Department of Computational Medicine and Bioinformatics and Department of Biological Chemistry, University of Michigan, 100 Washtenaw Avenue, Ann Arbor, MI 48109-2218, USA.
Bioinformatics. 2013 Oct 15;29(20):2588-95. doi: 10.1093/bioinformatics/btt447. Epub 2013 Aug 23.
Identification of protein-ligand binding sites is critical to protein function annotation and drug discovery. However, there is no method that could generate optimal binding site prediction for different protein types. Combination of complementary predictions is probably the most reliable solution to the problem.

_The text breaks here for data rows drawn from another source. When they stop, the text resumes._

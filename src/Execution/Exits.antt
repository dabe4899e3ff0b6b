-- ===== src/Execution/Exits.antt =====
-- services/execution/execution_engine.py: what an exit leaves when something is not known.
use apex_trader.Base.{
  ◌≡◌, refl, ◌⊎◌, inl, inr, String, Bool, true, false, not, ◌||◌, Option, none, some, any, str_eq,
  arith,
}
use apex_trader.Base.Floats.{FloatOps, ◌<F◌, ◌≤F◌, num}
use apex_trader.Base.CaseMap.{CaseMap}
use apex_trader.Config.{Settings, TradingMode, is_live, is_shadow}
use apex_trader.Cache.{Redis}
use apex_trader.Portfolio.Manager.{emergency_shutdown}
use apex_trader.Portfolio.Models.{PositionView}
use apex_trader.Execution.Orders.{OrderRequest, OrderResult, Message, is_settled, is_submitted}
use apex_trader.Execution.World.{Result, ok, raised, World, Broker, Outside, BrokerPosition}
use apex_trader.Execution.Run.{Run, ◌>>=◌, pure, modify, try, go_on, handled}
use apex_trader.Execution.Rules.{
  Any, Holds-try, Holds, returned, Holds-then, Holds-bind, Holds-pure, Holds-if, Holds-pre,
  Keeps-bind,
}
use apex_trader.Execution.Engine.Records.{unknown, degrade, shut_portfolio}
use apex_trader.Execution.Engine.Submission.{is_final, or_zero}
use apex_trader.Execution.Engine.Exit.{
  Step, matched_by, unless_answered, cancel_stop, stop_filled, match_broker, blocks_exit,
}
use apex_trader.Execution.Engine.Selling.{
  exit_held, sell_live, account_exit, settle_exit, reconcile_exit, exit_live, exit_position,
  place_exit_inner, place_exit,
}
use apex_trader.Execution.Stopping.{
  IsStopped, IsStopped-persist, IsStopped-update, unknown-IsStopped,
}

neither : (a c : Bool) → (a || c) ≡ false → a ≡ false
neither a c h = ground (arith, h)

not_both : (mode : TradingMode) → is_live mode ≡ true → is_shadow mode ≡ true → ⊥
not_both TradingMode.live h k = ground (arith, k)
not_both TradingMode.shadow h k = ground (arith, h)
not_both TradingMode.paper h k = ground (arith, h)
not_both (TradingMode.other m) h k = ground (arith, h)

go_on_stops :
    {F B W A : Type 0} (a : A) (y : Result (Unit {0}) × World F B W)
    → IsStopped y.1
    → IsStopped (go_on (λ _ w. (ok a, w)) y).1
go_on_stops a (ok c, w) h = h
go_on_stops a (raised e, w) h = h

module _ {F B W : Type 0} ⦃o : FloatOps F⦄ ⦃u : CaseMap⦄ ⦃b : Broker F B⦄ ⦃x : Outside W⦄
    ⦃r : Redis W⦄ where
  -- The portfolio is halted first, so that it is also if a later step raises.
  pub unknown_stops :
      (cfg : Settings F) (req : OrderRequest F) (reason : Message F) (w : World F B W)
      → IsStopped (unknown cfg req reason w).1
  unfolding unknown ◌>>=◌ modify degrade shut_portfolio emergency_shutdown
  unknown_stops cfg req reason w =
      (Keeps-bind IsStopped-persist λ a. IsStopped-update cfg _ _).at _ refl

  -- Known, or halted.
  abbrev pub Known : OrderResult F → World F B W → Type 0
  Known res w = (res.unknown ≡ false) ⊎ IsStopped w

  abbrev KnownStep : {A : Type 0} → Step F A → World F B W → Type 0
  KnownStep (Step.answered res) w = Known res w
  KnownStep (Step.going a) w = Unit {0}

  unless_answered-Known :
      {A : Type 0} (step : Step F A) {k : A → Run F B W (OrderResult F)}
      → ((a : A) → Holds Any (k a) Known)
      → Holds (KnownStep step) (unless_answered step k) Known
  unfolding unless_answered
  unless_answered-Known (Step.answered res) k = Holds-pure res λ w p. p
  unless_answered-Known (Step.going a) k = Holds-pre (k a) λ w p. tt

  after_unknown :
      {A : Type 0} {G : A → World F B W → Type 0} (cfg : Settings F) (req : OrderRequest F)
      (reason : Message F) (a : A)
      → ((w : World F B W) → IsStopped w → G a w)
      → Holds Any (unknown cfg req reason >>= λ _. pure a) G
  after_unknown cfg req reason a h =
      Holds-bind (unknown-IsStopped cfg req reason) λ _. Holds-pure a h

  cancel_stop-Known :
      (cfg : Settings F) (req : OrderRequest F) (pos : PositionView F)
      → Holds Any (cancel_stop {W = W} cfg req pos) KnownStep
  unfolding cancel_stop stop_filled
  cancel_stop-Known cfg req pos =
      Holds-if (str_eq pos.stop_order_id "") (λ c. Holds-pure _ λ w p. tt)
        λ c. Holds-then _ λ cancelled. Holds-then _ λ report.
          Holds-if (not (is_final report.stop.status)) (λ d. after_unknown cfg req _ _ λ w p. inr p)
            (λ d.
              Holds-if (num 0 <F or_zero report.stop.filled_quantity)
                (λ e. Holds-then _ λ a. Holds-then _ λ c. after_unknown cfg req _ _ λ w p. inr p)
                (λ e. Holds-then _ λ a. Holds-pure _ λ w p. tt))

  matched_by-Known :
      (cfg : Settings F) (req : OrderRequest F) (found : Option (BrokerPosition F))
      → Holds Any (matched_by {W = W} cfg req found) KnownStep
  matched_by-Known cfg req none = after_unknown cfg req _ _ λ w p. inr p
  matched_by-Known cfg req (some p) = Holds-pure _ λ w q. tt

  match_broker-Known :
      (cfg : Settings F) (req : OrderRequest F) (pos : PositionView F)
      → Holds Any (match_broker {W = W} cfg req pos) KnownStep
  unfolding match_broker
  match_broker-Known cfg req pos = Holds-then _ λ positions. matched_by-Known cfg req _

  account_exit-Known :
      (cfg : Settings F) (req : OrderRequest F) (pos : PositionView F) (price : F)
      (result : OrderResult F)
      → Holds Any (account_exit {W = W} cfg req pos price result) Known
  unfolding account_exit
  account_exit-Known cfg req pos price result =
      Holds-if (result.unknown || is_submitted result.status)
        (λ c. after_unknown cfg req _ result λ w p. inr p)
        (λ c.
          Holds-then _
            λ a. Holds-then _ λ d. Holds-pure result λ w p. inl (neither result.unknown _ c))

  settle_exit-Known :
      (cfg : Settings F) (req : OrderRequest F) (result : OrderResult F)
      → Holds Any (settle_exit {W = W} cfg req result) KnownStep
  unfolding settle_exit
  settle_exit-Known cfg req result =
      Holds-if (is_settled result.status) (λ c. Holds-pure _ λ w p. tt)
        λ c. Holds-then _ λ cancelled. Holds-then _ λ report.
          Holds-if (is_final report.stop.status) (λ d. Holds-pure _ λ w p. tt)
            λ d. after_unknown cfg req _ _ λ w p. inr p

  reconcile_exit-Known :
      (cfg : Settings F) (req : OrderRequest F) (result : OrderResult F)
      → Holds Any (reconcile_exit {W = W} cfg req result) KnownStep
  unfolding reconcile_exit
  reconcile_exit-Known cfg req result =
      Holds-if (str_eq result.broker_order_id "") (λ c. Holds-pure _ λ w p. tt)
        λ c. Holds-then _ λ reconciled. settle_exit-Known cfg req reconciled

  sell_live-Known :
      (cfg : Settings F) (req : OrderRequest F) (pos : PositionView F) (price : F)
      → Holds Any (sell_live {W = W} cfg req pos price) Known
  unfolding sell_live
  sell_live-Known cfg req pos price = Holds-then _ λ result. Holds-then _ λ recorded.
      Holds-bind (reconcile_exit-Known cfg req result)
        λ step. unless_answered-Known step λ settled. account_exit-Known cfg req pos price settled

  exit_live-Known :
      (cfg : Settings F) (req : OrderRequest F) (pos : PositionView F) (price : F)
      → Holds Any (exit_live {W = W} cfg req pos price) Known
  unfolding exit_live
  exit_live-Known cfg req pos price = Holds-then _ λ rows.
      Holds-if (any (blocks_exit req.symbol) rows) (λ c. Holds-pure _ λ w p. inl refl)
        λ c. Holds-then _ λ written. Holds-bind (cancel_stop-Known cfg req pos) λ cancelled.
          unless_answered-Known cancelled λ _.
            Holds-bind (match_broker-Known cfg req pos)
              λ matched. unless_answered-Known matched λ req'. sell_live-Known cfg req' pos price

  exit_position-Known :
      (cfg : Settings F) (pos : PositionView F) (symbol : String) (qty : F) (strategy : String)
      (price : F)
      → is_live cfg.trading_mode ≡ true
      → Holds Any (exit_position {W = W} cfg pos symbol qty strategy price) Known
  unfolding exit_position
  exit_position-Known cfg pos symbol qty strategy price live = Holds-then _ λ id.
      Holds-then _ λ units.
        Holds-if (is_shadow cfg.trading_mode) (λ c. absurd (not_both cfg.trading_mode live c))
          λ c.
            Holds-if (is_live cfg.trading_mode) (λ d. exit_live-Known cfg _ pos price)
              (λ d. ground (arith, d, live))

  exit_held-Known :
      (cfg : Settings F) (symbol : String) (qty : F) (strategy : String) (price : F)
      (held : Option (PositionView F))
      → is_live cfg.trading_mode ≡ true
      → Holds Any (exit_held {W = W} cfg symbol qty strategy price held) Known
  exit_held-Known cfg symbol qty strategy price none live = Holds-pure _ λ w p. inl refl
  exit_held-Known cfg symbol qty strategy price (some pos) live =
      Holds-if ((qty ≤F num 0) || (pos.qty <F qty)) (λ c. Holds-pure _ λ w p. inl refl)
        λ c. exit_position-Known cfg pos symbol qty strategy price live

  place_exit_inner-Known :
      (cfg : Settings F) (symbol : String) (qty : F) (strategy : String) (price : F)
      → is_live cfg.trading_mode ≡ true
      → Holds Any (place_exit_inner {W = W} cfg symbol qty strategy price) Known
  unfolding place_exit_inner
  place_exit_inner-Known cfg symbol qty strategy price live =
      Holds-then _ λ held. exit_held-Known cfg symbol qty strategy price held live

  -- In live mode an exit whose result says that its outcome is unknown leaves the portfolio halted.
  pub place_exit-Known :
      (cfg : Settings F) (symbol : String) (qty : F) (strategy : String) (price : F)
      (w : World F B W) (res : OrderResult F)
      → is_live cfg.trading_mode ≡ true
      → (place_exit cfg symbol qty strategy price w).0 ≡ ok res
      → (res.unknown ≡ false) ⊎ IsStopped (place_exit cfg symbol qty strategy price w).1
  unfolding place_exit
  place_exit-Known cfg symbol qty strategy price w res live h = returned Known _ res h (
      (Holds-try (place_exit_inner-Known cfg symbol qty strategy price live)
          λ e. after_unknown cfg _ _ _ λ w p. inr p).at
        w tt)

  raised_stops :
      (handler : String → Run F B W (OrderResult F))
      → ((e : String) (w : World F B W) → IsStopped (handler e w).1)
      → (y : Result (OrderResult F) × World F B W) (e : String) → (handled handler y).0 ≡ raised e
      → IsStopped (handled handler y).1
  raised_stops handler h (ok a, w) e g = ground (arith, g)
  raised_stops handler h (raised e', w) e g = h e' w

  -- An exception of an exit, in any mode, leaves the portfolio halted.
  pub place_exit-raised :
      (cfg : Settings F) (symbol : String) (qty : F) (strategy : String) (price : F)
      (w : World F B W) (e : String)
      → (place_exit cfg symbol qty strategy price w).0 ≡ raised e
      → IsStopped (place_exit cfg symbol qty strategy price w).1
  unfolding place_exit try ◌>>=◌ pure
  place_exit-raised cfg symbol qty strategy price w e h =
      raised_stops _ (λ e' w'. go_on_stops _ _ (unknown_stops cfg _ _ w'))
        (place_exit_inner cfg symbol qty strategy price w) e h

We develop two new methods, one based on binding-specific substructure comparison (TM-SITE) and another on sequence profile alignment (S-SITE), for complementary binding site predictions. The methods are tested on a set of 500 non-redundant proteins harboring 814 natural, drug-like and metal ion molecules. Starting from low-resolution protein structure predictions, the methods successfully recognize >51% of binding residues with average Matthews correlation coefficient (MCC) significantly higher (with P-value <10(-9) in student t-test) than other state-of-the-art methods, including COFACTOR, FINDSITE and ConCavity. When combining TM-SITE and S-SITE with other structure-based programs, a consensus approach (COACH) can increase MCC by 15% over the best individual predictions. COACH was examined in the recent community-wide COMEO experiment and consistently ranked as the best method in last 22 individual datasets with the Area Under the Curve score 22.5% higher than the second best method. These data demonstrate a new robust approach to protein-ligand binding site recognition, which is ready for genome-wide structure-based function annotations.
鉴定蛋白质-配体结合位点对于蛋白质功能注释和药物发现至关重要。然而,目前尚无方法可以针对不同的蛋白质类型生成最佳的结合位点预测。组合互补预测可能是解决该问题最可靠的方法。
我们开发了两种新方法,一种基于结合特异性亚结构比较(TM-SITE),另一种基于序列轮廓比对(S-SITE),用于互补结合位点预测。该方法在一组包含 814 种天然、类药和金属离子分子的 500 个非冗余蛋白质上进行了测试。从低分辨率的蛋白质结构预测开始,该方法成功地识别出>51%的结合残基,平均马修斯相关系数(MCC)显著更高(学生 t 检验的 P 值<10(-9)),优于其他最先进的方法,包括 COFACTOR、FINDSITE 和 ConCavity。当将 TM-SITE 和 S-SITE 与其他基于结构的程序结合使用时,共识方法(COACH)可以将 MCC 相对于最佳单个预测提高 15%。COACH 在最近的全社区 COMEO 实验中进行了检验,并在最后 22 个单独数据集的排名中始终位居首位,曲线下面积得分比第二名高 22.5%。这些数据证明了一种新的用于蛋白质-配体结合位点识别的稳健方法,它已经准备好进行基于基因组的结构功能注释。